The normative specification of governmental structure and function needs to be perfected by adding the full set of strict rules defining proper action as well as that for rightly punishing those who violate the rights of peaceable citizens who act within the boundaries of their rights.  If the role of governance is to serve "the people", then why is it that they most often trespass upon them?  Why are they not placed and kept on severely foreshortened leashes such that anyone acting in the capacity of a government official will not be even remotely amenable to paying the price of violating their fellows?  This is the normative mode of thinking that must be established in the minds of men such that tolerance of what has proven to be the typically hubris-laden and contempt-logged behavior of government officials falls to zero.  All violations of one's rights by others must be viewed and dealt with in such a manner and degree that people, regardless of their stations in life, will be utterly dissuaded from considering such acts as even the most remote possibility.  And when this comes to pass, non-governmental people will also come to respect their public servants more fully.  On the balance, the results will produce a condition far closer to freedom and greater prosperity for all.

----------


## osan

> I agree that this is it's biggest weakness.  I say that the Constitution should have proscribed[sic] some kind of harsh penalty for the violation of the oath of office.  The oath swears or affirms to uphold and defend the Constitution.  I would that a mechanism were provided for the people to prosecute an official for a violation of their oath.


This is sound.




> Say a really high bar like 25% of a district signatures sets a public referendum of "should this person be tried?"  A majority "Yes" opens up a trial by grand jury.  Twelve juries of 12 persons, each 12 person jury sequestered unto itself apart from the other 12 person juries.  Individual 12-person juries must be unanimous to render a guilty verdict, but only a majority of the 12 juries finding guilty are necessary to render a guilty verdict.  In the event of a 6 jury to 6 jury tie, then the question of guilt yes or no goes again to public referendum.  If a finding of guilt is returned, then a series of types of crimes against the Constitution is defined, and a spectrum of punishment is laid out for each.  They can range from high treason to middlin graft to incidental misuse of office.  Array the fines and severity of imprisonment on a spectrum and let the people vote on the punishment.  Center the average and the mean and then impose that punishment on the faithless elected.
> 
> If a Congressman could potentially get 25 to life, or even the death penalty for failing to obey the Constitution, then it might change his perspective a little bit.

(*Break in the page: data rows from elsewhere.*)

-- ===== src/ZkevmRunner/Agree.antt =====
-- The two tools that run the zkevm tests, cmd/zkevm-runner/main.go and bench/units.go: the same
-- labels, and the same verdict on the same output.
use stateless_executor.Prelude.{
  ℕ, ◌+◌, ◌≡◌, ◌↔◌, ◌⊎◌, inl, inr, ◌∙◌, refl, ap, ap₂, sym, true, false, ◌&&◌, ◌||◌, List, [], ◌∷◌,
  ◌++◌, Option, none, some, map, Bool-cases,
}
use stateless_executor.Prelude.Errors.{Error}
use stateless_executor.Prelude.Text.{Text, text_eq}
use stateless_executor.Fixture.Zkevm.{ZkevmBlock, ZkevmTestCase}
use stateless_executor.Emu
use stateless_executor.Emu.{empty_result}
use stateless_executor.Bench.{
  is_missing, Encoded, VerdictKind, verify_eest, judged, normalise_hex,
  expected_success_from_output, trimmed,
}
use stateless_executor.Bench.Work.{FileJob, WorkUnit, block_units, case_units, block_label}
use stateless_executor.ZkevmRunner.{WorkItem, Ran, block_items, work_items, judge, no_error}

map_append {ℓ κ} :
    {A : Type ℓ} {B : Type κ} (f : A → B) (xs ys : List A) → map f (xs ++ ys) ≡ map f xs ++ map f ys
map_append f [] ys = refl
map_append f (x ∷ xs) ys = ap (λ l. f x ∷ l) (map_append f xs ys)

abbrev pub item_names : List WorkItem → List Text
item_names items = map (λ (it : WorkItem). it.name) items

abbrev pub unit_labels : List WorkUnit → List Text
unit_labels units = map (λ (u : WorkUnit). u.meta.label) units

block_items-labels :
    (j : FileJob) (tc : ZkevmTestCase) (bi : ℕ) (blocks : List ZkevmBlock)
    → item_names (block_items tc bi blocks) ≡ unit_labels (block_units j tc bi blocks)
unfolding block_items block_units block_label
block_items-labels j tc bi [] = refl
block_items-labels j tc bi (b ∷ blocks) =
    ap (λ (l : List Text). block_label tc bi ∷ l) (block_items-labels j tc (bi + 1) blocks)

-- Both tools give the blocks of a file's test cases the same labels, in the same order.
pub work_items-case_units :
    (j : FileJob) (tcs : List ZkevmTestCase)
    → item_names (work_items tcs) ≡ unit_labels (case_units j tcs)
unfolding work_items case_units
work_items-case_units j [] = refl
work_items-case_units j (tc ∷ tcs) =
    map_append (λ (it : WorkItem). it.name) (block_items tc 0 tc.blocks) (work_items tcs)
    ∙ ap₂ ◌++◌ (block_items-labels j tc 0 tc.blocks) (work_items-case_units j tcs)
    ∙ sym (
        map_append (λ (u : WorkUnit). u.meta.label) (block_units j tc 0 tc.blocks)
          (case_units j tcs))

-- What bench expects of the same block.
abbrev pub encoded_of : ZkevmBlock → Encoded
encoded_of block = record {
  expected_success = expected_success_from_output (normalise_hex block.stateless_output_bytes);
  expected_output_hex = normalise_hex block.stateless_output_bytes;
}

-- What bench makes of the same run.
abbrev pub emulated_of : Ran → Emu.Result
emulated_of ran = record (empty_result ran.raw_out) { output_hex = ran.output_hex }

-- The kinds under which bench does not hold a block against the guest.
abbrev pub IsAccepted : VerdictKind → Type 0
IsAccepted k = (k ≡ VerdictKind.pass) ⊎ (k ≡ VerdictKind.unverified)

judged-IsAccepted :
    (enc : Encoded) (r : Emu.Result)
    → ((text_eq enc.expected_output_hex []
          || text_eq
              (trimmed enc.expected_output_hex (normalise_hex r.output_hex))
              enc.expected_output_hex)
        ≡ true)
      ↔ IsAccepted (judged enc r).kind
unfolding judged
judged-IsAccepted enc r = elim (Bool-cases (text_eq enc.expected_output_hex [])) [
  | inl blank ↦ rw blank (λ h. inr refl, λ h. refl)
  | inr full ↦
      elim (Bool-cases (
        text_eq (trimmed enc.expected_output_hex (normalise_hex r.output_hex))
          enc.expected_output_hex)) [
            | inl equal ↦ rw (full, equal) (λ h. inl refl, λ h. refl)
            | inr differ ↦ rw (full, differ) (λ h. cc, λ h. elim h [ inl e ↦ cc | inr e ↦ cc ])
          ]
]

verify_eest-IsAccepted :
    (enc : Encoded) (r : Emu.Result) (e : Option Error)
    → ((no_error e
          && (text_eq enc.expected_output_hex []
              || text_eq
                  (trimmed enc.expected_output_hex (normalise_hex r.output_hex))
                  enc.expected_output_hex))
        ≡ true)
      ↔ IsAccepted (verify_eest enc r e).kind
unfolding verify_eest
verify_eest-IsAccepted enc r none = judged-IsAccepted enc r
verify_eest-IsAccepted enc r (some x) = elim (Bool-cases (is_missing x)) [
  | inl missing ↦ rw missing (λ h. cc, λ h. elim h [ inl e ↦ cc | inr e ↦ cc ])
  | inr present ↦ rw present (λ h. cc, λ h. elim h [ inl e ↦ cc | inr e ↦ cc ])
]

-- For a run whose output is hex in lower case without a prefix, as the emulators' outputs are encoded:
-- the runner calls a block validated exactly if bench passes it or leaves it unverified.
pub judge-verify_eest :
    (it : WorkItem) (ran : Ran) (elapsed : ℕ)
    → normalise_hex ran.output_hex ≡ ran.output_hex
    → ((judge false it ran elapsed).validation_ok ≡ true)
      ↔ IsAccepted (verify_eest (encoded_of it.block) (emulated_of ran) ran.error).kind
unfolding judge
judge-verify_eest it ran elapsed lower =
    rw lower at (verify_eest-IsAccepted (encoded_of it.block) (emulated_of ran) ran.error)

I like this tack.  The only thing I would change is the number of juries to 13, making deadlock impossible.  I see no need to complicate the process with returns to referendum, especially to determine guilt.  I don't see that as being particularly wise.  The rest is very good, however.  

A majority of unanimous juries in a body of 156 individuals would be statistically valid in terms of even distributions of attributes that would better assure a fair judgment.

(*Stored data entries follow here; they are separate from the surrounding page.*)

-- ===== src/ZkevmRunner/Summary.antt =====
-- The counts that cmd/zkevm-runner/main.go prints and reports.
use stateless_executor.Prelude.{ℕ, ◌+◌, ◌≡◌, ◌∙◌, refl, ap, ap₂, sym, List, [], ◌∷◌, length, arith}
use stateless_executor.Prelude.Sort.{length-perm, sort-perm}
use stateless_executor.Prelude.Sort.Orders.{text_lt}
use stateless_executor.ZkevmRunner.{
  TestResult, Status, status_of, Summed, summed, sum_up, print_summary, Tables, filed, file_all,
  write_report, FailureRow, ErrorRow, by_name,
}
use mathlib.Core.List.{Permᴰ}

-- How many of the results are passed, failed, errored and skipped.
abbrev Totals : Type 0
Totals = ℕ × ℕ × ℕ × ℕ

abbrev totals : Summed → Totals
totals s = (s.passed, s.failed, s.errored, s.skipped)

-- One more result of a status.
abbrev more : Status → Totals → Totals
more Status.fine (p, f, e, s) = (p + 1, f, e, s)
more Status.failed (p, f, e, s) = (p, f + 1, e, s)
more Status.errored (p, f, e, s) = (p, f, e + 1, s)
more Status.skipped (p, f, e, s) = (p, f, e, s + 1)

totals-summed :
    (k : Status) (r : TestResult) (s : Summed) → totals (summed k r s) ≡ more k (totals s)
totals-summed Status.fine r s = refl
totals-summed Status.failed r s = refl
totals-summed Status.errored r s = refl
totals-summed Status.skipped r s = refl

more_comm : (k l : Status) (t : Totals) → more k (more l t) ≡ more l (more k t)
more_comm k l t = ground arith

-- The totals of the statuses.
tally : List TestResult → Totals
tally [] = (0, 0, 0, 0)
tally (r ∷ rs) = more (status_of r) (tally rs)

-- The counts do not depend on the order of the results.
tally-perm : {xs ys : List TestResult} → Permᴰ xs ys → tally xs ≡ tally ys
unfolding tally
tally-perm Permᴰ.nil = refl
tally-perm (Permᴰ.cons e p) = ap₂ more (ap status_of e) (tally-perm p)
tally-perm (Permᴰ.swap {a} {b} {a'} {b'} {l} e e') =
    more_comm (status_of a) (status_of b) (tally l)
    ∙ ap₂ (λ (k k' : Status). more k (more k' (tally l))) (ap status_of e') (ap status_of e)
tally-perm (Permᴰ.trans p q) = tally-perm p ∙ tally-perm q

sum_up-tally : (rs : List TestResult) → totals (sum_up rs) ≡ tally rs
unfolding sum_up tally
sum_up-tally [] = refl
sum_up-tally (r ∷ rs) =
    totals-summed (status_of r) r (sum_up rs) ∙ ap (more (status_of r)) (sum_up-tally rs)

-- The rows of the tables, and the counters beside them.
abbrev filed_totals : Tables → Totals
filed_totals t = (t.passed, length t.failures, length t.errors, length t.skips)

abbrev counter_totals : Tables → Totals
counter_totals t = (t.passed, length t.failures, t.errored, t.skipped)

filed-more :
    (k : Status) (r : TestResult) (t : Tables)
    → filed_totals (filed k r t) ≡ more k (filed_totals t)
filed-more k r t = ground arith

file_all-tally : (rs : List TestResult) → filed_totals (file_all rs) ≡ tally rs
unfolding file_all tally
file_all-tally [] = refl
file_all-tally (r ∷ rs) =
    filed-more (status_of r) r (file_all rs) ∙ ap (more (status_of r)) (file_all-tally rs)

counter-more :
    (k : Status) (r : TestResult) (t : Tables)
    → counter_totals (filed k r t) ≡ more k (counter_totals t)
counter-more k r t = ground arith

file_all-counters : (rs : List TestResult) → counter_totals (file_all rs) ≡ tally rs
unfolding file_all tally
file_all-counters [] = refl
file_all-counters (r ∷ rs) =
    counter-more (status_of r) r (file_all rs) ∙ ap (more (status_of r)) (file_all-counters rs)

abbrev sum_of : Totals → ℕ
sum_of (p, f, e, s) = p + f + e + s

sum_of-more : (k : Status) (t : Totals) → sum_of (more k t) ≡ sum_of t + 1
sum_of-more k t = ground arith

sum_of-tally : (rs : List TestResult) → sum_of (tally rs) ≡ length rs
unfolding tally
sum_of-tally [] = omega arith
sum_of-tally (r ∷ rs) = omega (arith, sum_of-more (status_of r) (tally rs), sum_of-tally rs)

-- The summary counts every result once, the report has the same total and the same four counts, and
-- the tables of the failed, errored and skipped results have as many rows as they count.
pub write_report-print_summary :
    (results : List TestResult)
    → ((print_summary results).passed
          + (print_summary results).failed
          + (print_summary results).errored
          + (print_summary results).skipped
        ≡ length results)
      × ((write_report results).total ≡ length results)
      × ((write_report results).passed ≡ (print_summary results).passed)
      × ((write_report results).failed ≡ (print_summary results).failed)
      × ((write_report results).errored ≡ (print_summary results).errored)
      × ((write_report results).skipped ≡ (print_summary results).skipped)
      × (length (write_report results).failures ≡ (print_summary results).failed)
      × (length (write_report results).errors ≡ (print_summary results).errored)
      × (length (write_report results).skips ≡ (print_summary results).skipped)
unfolding write_report print_summary
write_report-print_summary results =
    let sorted = by_name (λ (r : TestResult). r.name) results in
    let order = sort-perm (λ (a b : TestResult). text_lt a.name b.name) results in
    let printed : totals (sum_up sorted) ≡ tally results =
      sum_up-tally sorted ∙ sym (tally-perm order) in
    let t = file_all results in
    let filed' = file_all-tally results ∙ sym printed in
    let counted = file_all-counters results ∙ sym printed in
    let fails =
      length-perm
        (sort-perm (λ (a b : FailureRow). text_lt a.result.name b.result.name) t.failures) in
    let errors = length-perm (sort-perm (λ (a b : ErrorRow). text_lt a.name b.name) t.errors) in
    let skips = length-perm (sort-perm (λ (a b : ErrorRow). text_lt a.name b.name) t.skips) in
    (
      ap sum_of printed ∙ sum_of-tally results,
      refl,
      ap (λ (x : Totals). x.0) filed',
      ap (λ (x : Totals). x.1) counted,
      ap (λ (x : Totals). x.2) counted,
      ap (λ (x : Totals). x.3) counted,
      sym fails ∙ ap (λ (x : Totals). x.1) filed',
      sym errors ∙ ap (λ (x : Totals). x.2) filed',
      sym skips ∙ ap (λ (x : Totals). x.3) filed',
    )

One other thing I would add: whereas in the criminal trial of a civilian the defendant should be afforded every evidentiary, procedural, and presumptive advantage, in that of a government official, such advantages should be removed.  In my world there would be no suppression of evidence due to technical irregularities, for example in how it was attained.  Evidence would be included or excluded strictly on its merit as such.  Furthermore, there would be not a single trial judge, but a bank of not less than 13; this to keep judicial hanky panky including protection of the guilty, as well as activism to an absolute minimum.

I wholly agree with you that the prospect of draconian punishment, and it SHOULD be draconian, would drive a very different bargain for the vast and overwhelming majority of public servants.

----------


## osan

> It is for this reason that _while I 100% vehemently oppose_ a Convention of the States in the current climate, *if there unfortunately is one,* then I want to go and present my "make violating the Oath a felony" Amendment.

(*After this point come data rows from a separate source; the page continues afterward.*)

-- ===== src/Examples/Rows.antt =====
-- The benchmark, the runner of the zkevm tests and the loading of a test file at a few values.
use stateless_executor.Prelude.{
  ℕ, zero, suc, ◌+◌, ◌≡◌, ◌≢◌, ◌↔◌, inl, inr, ◌≤◌, ◌<◌, ◌^◌, refl, List, [], ◌∷◌, ◌++◌, Option,
  none, true, false, arith, length, replicate, All, foldl,
}
use stateless_executor.Prelude.Errors.{Result, ok, err, message}
use stateless_executor.Prelude.Text.{Text, codes}
use stateless_executor.Prelude.Sort.{IsSorted, insert, sort, pick_all}
use stateless_executor.Prelude.Sort.Orders.{text_lt}
use stateless_executor.Fixture.Format.{Format}
use stateless_executor.Fixture.Load.{RawMap, Disk, load_cases, load_zkevm_map}
use stateless_executor.Fixture.Load.Order.{names, load_zkevm_map-perm}
use stateless_executor.Fixture.Zkevm.{ZkevmTestCase}
use stateless_executor.Emu.{no_costs, encode_to_string, empty_result}
use stateless_executor.Bench.{Verdict, VerdictKind, Reason, verify_eest, normalise_hex, to_lower}
use stateless_executor.Bench.Work.{FileJob, WorkUnit, case_units, no_info}
use stateless_executor.Bench.Run.{
  BlockResult, EmuRunner, run_all, file_results, Tick, tick, started,
}
use stateless_executor.Bench.Run.Schedule.{Among, one_after_other, run_all-in_order}
use stateless_executor.Bench.Run.Counters.{
  Pending, Steps, stop, next, grow, print, skip, ticks-bounded,
}
use stateless_executor.Bench.Rows.{
  SliceStable, sort_results, decode_stateless_output, compute_stats, sum, no_tally, tally,
  partition_by_gas,
}
use stateless_executor.Bench.Rows.Order.{
  by_label, insertion-IsStable, sort_results-IsSorted, is_row, pick_all-sort_results,
}
use stateless_executor.Bench.Rows.Output.{output_region, decode_stateless_output-region}
use stateless_executor.Bench.Rows.Stats.{compute_stats-bounds}
use stateless_executor.Bench.Rows.Tally.{
  of_verdict, of_measured, tally-counts, partition_by_gas-perm,
}
use stateless_executor.Bench.Report.{ReportData, write_report}
use stateless_executor.Bench.Discover.{Entries, file, dir, unreadable, done, more, discover_dir}
use stateless_executor.Bench.Discover.Accounts.{
  seen_all, found_seen, IsKnown, discover_dir-accounts,
}
use stateless_executor.ZkevmRunner
use stateless_executor.ZkevmRunner.{WorkItem, TestResult, Ran, work_items, judge, print_summary}
use stateless_executor.ZkevmRunner.Agree.{
  item_names, unit_labels, work_items-case_units, encoded_of, emulated_of, IsAccepted,
  judge-verify_eest,
}
use stateless_executor.ZkevmRunner.Summary.{write_report-print_summary}
use stateless_executor.Examples.Blocks.{zkevm_block, test_case}
use mathlib.Core.List.{Permᴰ}

abbrev job : Text → FileJob
job path = record { path = path; kind = Format.corpus; suite = codes "."; bytes = 1 }

abbrev runner : EmuRunner
runner input = (empty_result [], none)

abbrev no_units : FileJob → Result (List WorkUnit)
no_units j = ok []

covers : (i : ℕ) → i < 2 → Among i (1 ∷ 0 ∷ [])
covers zero h = inr (inl refl)
covers (suc zero) h = inl refl
covers (suc (suc i)) h = absurd (omega arith)

run_all-in_order_example :
    run_all no_units
      (job (codes "a") ∷ job (codes "b") ∷ [])
      runner
      (codes "zisk")
      (λ l. 0)
      (1 ∷ 0 ∷ [])
    ≡ one_after_other
        (λ j. file_results (no_units j) runner (codes "zisk") (λ l. 0))
        (job (codes "a") ∷ job (codes "b") ∷ [])
run_all-in_order_example =
    run_all-in_order no_units (job (codes "a") ∷ job (codes "b") ∷ []) runner (codes "zisk")
      (λ l. 0) (1 ∷ 0 ∷ []) covers

-- Of two files one gives two units, of which one is printed before the other file is skipped.
abbrev ticks : List Tick
ticks = Tick.expanded 2 ∷ Tick.printed ∷ Tick.skipped_file ∷ []

abbrev after : Pending
after = record { files = 0; units = 1 }

steps : Steps (record { files = 2; units = 0 }) ticks after
steps = next (grow 2) (next print (next skip stop))

ticks-bounded_example :
    ((foldl tick (started 2) ticks).done ≤ (foldl tick (started 2) ticks).total)
    × ((foldl tick (started 2) ticks).done + after.files + after.units
        ≡ (foldl tick (started 2) ticks).total)
ticks-bounded_example = ticks-bounded 2 steps

abbrev verdict : VerdictKind → Verdict
verdict k = record {
  kind = k;
  reason = Reason.no_reason;
  expected_success = true;
  got_success = true;
  expected_output_hex = [];
  got_output_hex = [];
  output_match = true;
}

abbrev result : Format → ℕ → VerdictKind → BlockResult
result kind n k = record {
  block_num = n;
  name = codes "x";
  label = codes "x";
  suite = codes ".";
  network = [];
  kind = kind;
  verdict = verdict k;
  target = codes "zisk";
  costs = no_costs;
  error = none;
  err_output = [];
  exec_error = [];
  elapsed_ms = 1;
  expected_success = true;
  validation_ok = true;
  info = no_info;
  output_hex = [];
}

abbrev results : List BlockResult
results =
    result Format.corpus 9 VerdictKind.pass
    ∷ result Format.corpus 3 VerdictKind.unverified
    ∷ result Format.zkevm 3 VerdictKind.skip
    ∷ []

abbrev measured : List BlockResult
measured = result Format.zkevm 9 VerdictKind.pass ∷ result Format.zkevm 3 VerdictKind.fail ∷ []

abbrev stable_sort : SliceStable
stable_sort less rs = sort less rs

sort_results-IsSorted_example :
    IsSorted by_label (sort_results stable_sort measured)
    × Permᴰ measured (sort_results stable_sort measured)
sort_results-IsSorted_example =
    sort_results-IsSorted stable_sort Format.zkevm measured insertion-IsStable (refl, (refl, tt))

pick_all-sort_results_example :
    pick_all (is_row (codes ".") (codes "x") 3) (sort_results stable_sort measured)
    ≡ pick_all (is_row (codes ".") (codes "x") 3) measured
pick_all-sort_results_example =
    pick_all-sort_results stable_sort Format.zkevm (codes ".") (codes "x") 3 measured
      insertion-IsStable (refl, (refl, tt))

tally-counts_example :
    ((tally no_tally results).good ≡ of_measured results)
    × ((tally no_tally results).validation_failures ≡ of_verdict VerdictKind.fail results)
    × ((tally no_tally results).skipped_units ≡ length (of_verdict VerdictKind.skip results))
    × ((tally no_tally results).unverified ≡ length (of_verdict VerdictKind.unverified results))
tally-counts_example = tally-counts results

-- A unit that used no gas and one that did.
abbrev costly : List BlockResult
costly =
    result Format.zkevm 3 VerdictKind.pass
    ∷ record (result Format.zkevm 9 VerdictKind.pass) { info = record no_info { gas_used = 5 } }
    ∷ []

partition_by_gas-perm_example :
    Permᴰ costly ((partition_by_gas costly).0 ++ (partition_by_gas costly).1)
    × All (λ (r : BlockResult). r.info.gas_used ≢ 0) (partition_by_gas costly).0
    × All (λ (r : BlockResult). r.info.gas_used ≡ 0) (partition_by_gas costly).1
partition_by_gas-perm_example = partition_by_gas-perm costly

abbrev report : ReportData
report = write_report (codes "." ∷ []) (tally no_tally results).good results (codes "zisk")

decode_stateless_output-region_example :
    decode_stateless_output (encode_to_string (output_region (replicate 32 7) 1 5 5377)) ≡ record {
      payload_root = encode_to_string (replicate 32 7);
      success = true;
      chain_id = 5;
      schema_id = 5377;
      decoded = true;
    }
decode_stateless_output-region_example =
    decode_stateless_output-region (replicate 32 7) 1 5 5377 refl (omega arith) (omega arith)
      (omega arith) (omega arith)

abbrev vals : List ℕ
vals = 3 ∷ 1 ∷ 2 ∷ []

some_vals : vals ≢ []
some_vals e = cc

small_vals : sum vals < 2 ^ 64
unfolding sum
small_vals = omega arith

compute_stats-bounds_example :
    All (λ v. ((compute_stats vals).min_cost ≤ v) × (v ≤ (compute_stats vals).max_cost)) vals
    × ((compute_stats vals).min_cost ≤ (compute_stats vals).p50)
    × ((compute_stats vals).p50 ≤ (compute_stats vals).max_cost)
    × ((compute_stats vals).min_cost ≤ (compute_stats vals).avg)
    × ((compute_stats vals).avg ≤ (compute_stats vals).max_cost)
compute_stats-bounds_example = compute_stats-bounds vals some_vals small_vals

-- A fixture, a hidden directory and a file that cannot be read.
abbrev tree : Entries
tree = more (file (codes "b.json") (codes "/f/b.json") (ok Format.zkevm) 7) (
    more (dir (codes ".git") (codes "/f/.git") none done)
      (more (unreadable (codes "/f/c") (message "denied" [])) done))

abbrev relative : Text → Option Text
relative path = none

discover_dir-accounts_example :
    Permᴰ (seen_all tree) (found_seen (discover_dir relative (codes "/f") none tree))
    × IsSorted
        (λ (a b : FileJob). text_lt a.path b.path)
        (discover_dir relative (codes "/f") none tree).jobs
    × All IsKnown (discover_dir relative (codes "/f") none tree).jobs
discover_dir-accounts_example = discover_dir-accounts relative (codes "/f") tree

abbrev item : WorkItem
item = record { test_case = test_case; block = zkevm_block; name = codes "t"; network = [] }

abbrev ran : Ran
ran = record { got_success = true; output_hex = codes "00ff"; raw_out = []; error = none }

lower : normalise_hex ran.output_hex ≡ ran.output_hex
unfolding normalise_hex to_lower
lower = refl

judge-verify_eest_example :
    ((judge false item ran 1).validation_ok ≡ true)
    ↔ IsAccepted (verify_eest (encoded_of item.block) (emulated_of ran) ran.error).kind
judge-verify_eest_example = judge-verify_eest item ran 1 lower

work_items-case_units_example :
    item_names (work_items (test_case ∷ []))
    ≡ unit_labels (case_units (job (codes "a")) (test_case ∷ []))
work_items-case_units_example = work_items-case_units (job (codes "a")) (test_case ∷ [])

abbrev judged : List TestResult
judged = judge false item ran 1 ∷ []

write_report-print_summary_example :
    ((print_summary judged).passed
        + (print_summary judged).failed
        + (print_summary judged).errored
        + (print_summary judged).skipped
      ≡ 1)
    × ((ZkevmRunner.write_report judged).total ≡ 1)
    × ((ZkevmRunner.write_report judged).passed ≡ (print_summary judged).passed)
    × ((ZkevmRunner.write_report judged).failed ≡ (print_summary judged).failed)
    × ((ZkevmRunner.write_report judged).errored ≡ (print_summary judged).errored)
    × ((ZkevmRunner.write_report judged).skipped ≡ (print_summary judged).skipped)
    × (length (ZkevmRunner.write_report judged).failures ≡ (print_summary judged).failed)
    × (length (ZkevmRunner.write_report judged).errors ≡ (print_summary judged).errored)
    × (length (ZkevmRunner.write_report judged).skips ≡ (print_summary judged).skipped)
write_report-print_summary_example = write_report-print_summary judged

abbrev disk : Disk
disk = record {
  read_file = λ path. err (message "" []);
  unmarshal_fixture = λ bs. err (message "" []);
  unmarshal_map = λ bs. err (message "" []);
  unmarshal_case = λ bs. ok test_case;
  unmarshal_engine = λ bs. ok [];
}

abbrev cases : RawMap
cases = record { keys = codes "b" ∷ codes "a" ∷ []; at = λ name. [] }

loaded :
    load_zkevm_map disk cases
    ≡ ok (record test_case { name = codes "a" } ∷ record test_case { name = codes "b" } ∷ [])
unfolding load_zkevm_map load_cases sort insert
loaded = refl

abbrev loaded_cases : List ZkevmTestCase
loaded_cases = record test_case { name = codes "a" } ∷ record test_case { name = codes "b" } ∷ []

load_zkevm_map-perm_example :
    (load_zkevm_map disk (record cases { keys = codes "a" ∷ codes "b" ∷ [] }) ≡ ok loaded_cases)
    × (names loaded_cases ≡ sort text_lt (codes "a" ∷ codes "b" ∷ []))
    × IsSorted text_lt (names loaded_cases)
load_zkevm_map-perm_example =
    load_zkevm_map-perm disk cases (codes "a" ∷ codes "b" ∷ []) (Permᴰ.swap refl refl) loaded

If it is so, then you need to go with your ducks in a line.

This is a project perfect for RPFs.  We have the brain power needed.  Do we have the will?  I'd be happy to help. While not quite a daunting task, it is by no means trivial.  If this were to be done correctly, great care in the structure and wording of the work would be in order.  It would have to be clear, complete, and correct; not as easy as it may seem at first blush.

----------


## osan

> Yeah.  You and me both.  I just figure if the idiots are going to give us an unmitigated disaster, there ought to be at least someone pointing out the correct path if only for the historic record.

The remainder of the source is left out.